The $25,000 NHK President's Prize went to the international coproduction Wild Asia: Creatures of the Thaw, from Japan, New Zealand, the US, and Germany. The program tells the story of the fascinating creatures who live in northeast Asia, which is covered by ice and snow for half the year. It was thought to be exemplary in its use of the techniques of high definition television in to enhance the impact of a natural history subject.

The Banff Rockie Awards were presented in 14 categories, including the Social & Political Documentary category. The seven-member international jury chose to recognize three additional programs for Special Jury Prizes, which are the equivalent of the category awards.

British programs won in four categories: Yoho Ahoy: Buzz with Jones, from The Consortium of Gentlemen for the BBC, was named Best Animation Program. My Parents Are Aliens: The Family Way, from Granada Media, was Best Children's Program. The Best Comedy Award went to Human Remains - An English Squeak (Baby Cow for BBC). And Granada won the Best Short Drama prize for I Saw You.

American producers and broadcasters took home four awards, two for documentaries and two for dramas. Greener Grass - Cuba, Baseball and the United States, from Thirteen-WNET/Bright Pictures Inc. and Mosaic Films, won the Banff Rockie for Best Sports Program, and the US-France coproduction Napoléon was named Best History and Biography Program. The Home Box Office phenomenon The Sopranos won its second consecutive Banff Rockie Award for Best Continuing Series, and the unusual television movie, Bash - Latterday Plays, from Steven Pevner Inc., picked up a Special Jury Award.

Australian productions won two Banff Rockie Awards in two of the Festival's most competitive categories.

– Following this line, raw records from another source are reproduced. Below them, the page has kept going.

-- ===== src/Handlers/Login/Proof.antt =====
-- Whom the login page signs in.
use fake_auth.Handlers.SignIn.Opening.{MayOpen, open_session-MayOpen}
use fake_auth.Base.{
  String, given_or, ◌≡◌, refl, ◌⊎◌, inl, inr, true, ◌||◌, ◌==◌, Option, none, some, [], ◌∷◌, ◌++◌,
  Bool-cases, Option-cases,
}
use fake_auth.Text.{or_text}
use fake_auth.Dict.{get}
use fake_auth.Web.{Request, first, value_of, query_value, form_value, get_param}
use fake_auth.Database
use fake_auth.Grants
use fake_auth.Audit.{log_login}
use fake_auth.Handlers.{Url, Env, Draws, Config, State, counted, logged}
use fake_auth.Handlers.SignIn.{Parameters, password_holder, open_session}
use fake_auth.Handlers.SignIn.Proof.{KnowsPassword, Offers, offered, password_holder_sound}
use fake_auth.Handlers.Login.{
  with_grant, deliver, wants_token, wants_id_token, signed_in, post_login, login_parameters,
  handle_login,
}

-- At most one code more, for the user.
abbrev MayOffer : Draws → Parameters → Database.User → State → State → Type 0
MayOffer draws p u s after = (after.grant_store ≡ s.grant_store) ⊎ Offers draws p u s after

-- Grants and sessions as they were, or a session for a user who gave the password, and at most one
-- code more.
abbrev Result : Env → Draws → State → Parameters → State → Type 0
Result env draws s p after =
    ((after.grant_store ≡ s.grant_store) × (after.session_store ≡ s.session_store))
    ⊎ ((u : Database.User) × KnowsPassword env draws s.db p.username p.password u
        × (after.session_store ≡ (open_session draws u s.session_store).0)
        × MayOffer draws p u s after)

module _ (cfg : Config) (env : Env) (draws : Draws) (p : Parameters) where
  with_grant-MayOffer :
      (s : State) (url : Url) (u : Database.User) (o : Option Grants.Store)
      → s.grant_store ≡ o
      → MayOffer draws p u s (with_grant env draws s url p u o).0
        × ((with_grant env draws s url p u o).0.session_store ≡ s.session_store)
  unfolding with_grant
  with_grant-MayOffer s url u none e = (inl refl, refl)
  with_grant-MayOffer s url u (some g) e = (inr (offered draws p u s _ g e refl), refl)

  deliver-MayOffer :
      (s : State) (url : Url) (u : Database.User)
      → MayOffer draws p u s (deliver cfg env draws s url p u).0
        × ((deliver cfg env draws s url p u).0.session_store ≡ s.session_store)
  unfolding deliver
  deliver-MayOffer s url u =
      elim (Bool-cases (wants_token p.response_type || wants_id_token p.response_type)) [
        | inl tokens ↦ rw (tokens, deliver) (inl refl, refl)
        | inr code ↦ rw (code, deliver) (with_grant-MayOffer s url u s.grant_store refl)
      ]

  -- The state in which the answer is made.
  abbrev after_open : State → Database.User → State
  after_open s u = record s {
    session_store = (open_session draws u s.session_store).0;
    events =
        (s.events ++ counted "login_attempts" ("success" ∷ []) ∷ [])
        ++ logged (log_login (draws.clock 9) u.id u.email p.client_id true none) ∷ [];
  }

  signed_in-Result :
      (s : State) (o : Option Database.User)
      → password_holder env draws s.db p.username p.password ≡ o
      → Result env draws s p (signed_in cfg env draws s p o).0
  unfolding signed_in
  signed_in-Result s none e = inl (refl, refl)
  signed_in-Result s (some u) e =
      let knows = password_holder_sound env draws s.db p.username p.password u e in
      elim (Option-cases (env.parse_url p.redirect_uri)) [
        | inl bad ↦ rw (bad, signed_in) (inr (u, knows, refl, inl refl))
        | inr (url, parsed) ↦
            let (may, kept) = deliver-MayOffer (after_open s u) url u in
            rw (parsed, signed_in)
              (inr (
                u,
                knows,
                kept,
                elim may [
                  | inl same ↦ inl same
                  | inr o ↦ inr (record {
                    store = o.store;
                    kept = o.kept;
                    configured = o.configured;
                    saved = o.saved;
                    codes = o.codes;
                    refresh = o.refresh;
                    devices = o.devices;
                    terms = o.terms;
                  })
                ],
              ))
      ]

login-Result :
    (cfg : Config) (env : Env) (draws : Draws) (s : State) (r : Request)
    → Result env draws s (login_parameters r) (handle_login cfg env draws s r).0
unfolding handle_login post_login
login-Result cfg env draws s r =
    let p = login_parameters r in
    elim (Bool-cases (p.redirect_uri == "")) [
      | inl empty ↦ rw (empty, handle_login) (inl (refl, refl))
      | inr given ↦ elim (Bool-cases (r.method == "POST")) [
        | inr shown ↦ rw (given, shown, handle_login) (inl (refl, refl))
        | inl posted ↦ elim (Bool-cases (p.username == "" || p.password == "")) [
          | inl missing ↦ rw (given, posted, missing, handle_login) (inl (refl, refl))
          | inr full ↦
              rw (given, posted, full, handle_login) (signed_in-Result cfg env draws p s _ refl)
        ]
      ]
    ]

-- The value of the query, or of the form where the query has none.
abbrev pub sent : Request → String → String
sent r k = given_or (first (get r.query k)) (first (get r.form k))

-- What the request asks for.
abbrev pub wanted : Request → Parameters
wanted r = record {
  response_type = sent r "response_type";
  client_id = sent r "client_id";
  redirect_uri = sent r "redirect_uri";
  scope = given_or (sent r "scope") "openid";
  state = sent r "state";
  username = first (get r.form "username");
  password = first (get r.form "password");
  prompt = "";
  login_hint = sent r "login_hint";
  nonce = sent r "nonce";
  audience = sent r "audience";
  code_challenge = sent r "code_challenge";
  code_challenge_method = given_or (sent r "code_challenge_method") "S256";
}

-- A request to /login leaves the grants and the sessions as they were, or its user gave the right
-- password. Then exactly one session is opened, for that user and a full term, and expired ones are
-- dropped, unless there is no session store or no random bytes could be drawn; and at most one code
-- is saved, which carries that user and the request's client, redirect URI, scope, nonce, audience
-- and challenge, with openid for a missing scope.
pub page_after_login_only_if_verified :
    (cfg : Config) (env : Env) (draws : Draws) (s : State) (r : Request)
    → let p = wanted r in
      let after = (handle_login cfg env draws s r).0 in
      ((after.grant_store ≡ s.grant_store) × (after.session_store ≡ s.session_store))
      ⊎ ((u : Database.User) × KnowsPassword env draws s.db p.username p.password u
          × MayOpen draws u s.session_store after.session_store
          × ((after.grant_store ≡ s.grant_store) ⊎ Offers draws p u s after))
unfolding login_parameters get_param form_value query_value value_of or_text
page_after_login_only_if_verified cfg env draws s r = elim (login-Result cfg env draws s r) [
  | inl same ↦ inl same
  | inr (u, knows, opened, may) ↦
      inr (u, knows, rw opened (open_session-MayOpen draws u s.session_store), may)
]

David Curl's Silhouettes of the Desert was Best Popular Science and Natural History Program, and Waiting at the Royal, from Apollo Films in association with Artist Services, was Best Made-for-TV Movie.

Soldiers by Moonlight, a coproduction from Sweden and Finland, won the Banff Rockie Award for Best Mini-Series; Sweden, Germany, Norway, Denmark, Ireland, Belgium and Finland were all involved in The Gold Rush, a sports documentary that was honored with a Special Jury Award. Another multinational coproduction, Kurt Gerron's Karussell, from Germany, the Netherlands, the Czech Republic, and France, won the prize for Best Arts Documentary. The Netherlands picked up another major award when Peter Greenaway's Rosa - The Death of a Composer, a Dutch/British coproduction, was named Best Performance Program.

Canada and Italy were also honored with Banff Rockie Awards. Cinema Verité - Defining the Moment, from the National Film Board, was a strong contender in the Arts Documentary category and was awarded a Special Jury Prize. Report: State Hypocracy, from RAI, was hailed as Best Information Program.

In addition to the Banff Rockie Awards and the NHK President's Prize, two cash awards worth $20,000 each in development funding were also presented. The Telefilm Canada Prize for best independent Canadian production in English went to The Four Seasons, a television ballet from Rhombus Media/Veronica Tennant Productions in association with companies in the UK, the US, Japan, and Switzerland. The highly regarded Continuing Series 2 Frères, from Cirrus Communications / Sphère Media Plus, won the Telefilm Canada Prize for best independent Canadian production in French.

There were 86 nominees for the 22nd Banff Rockie Awards, selected from a record 1,030 programs entered in the international competition.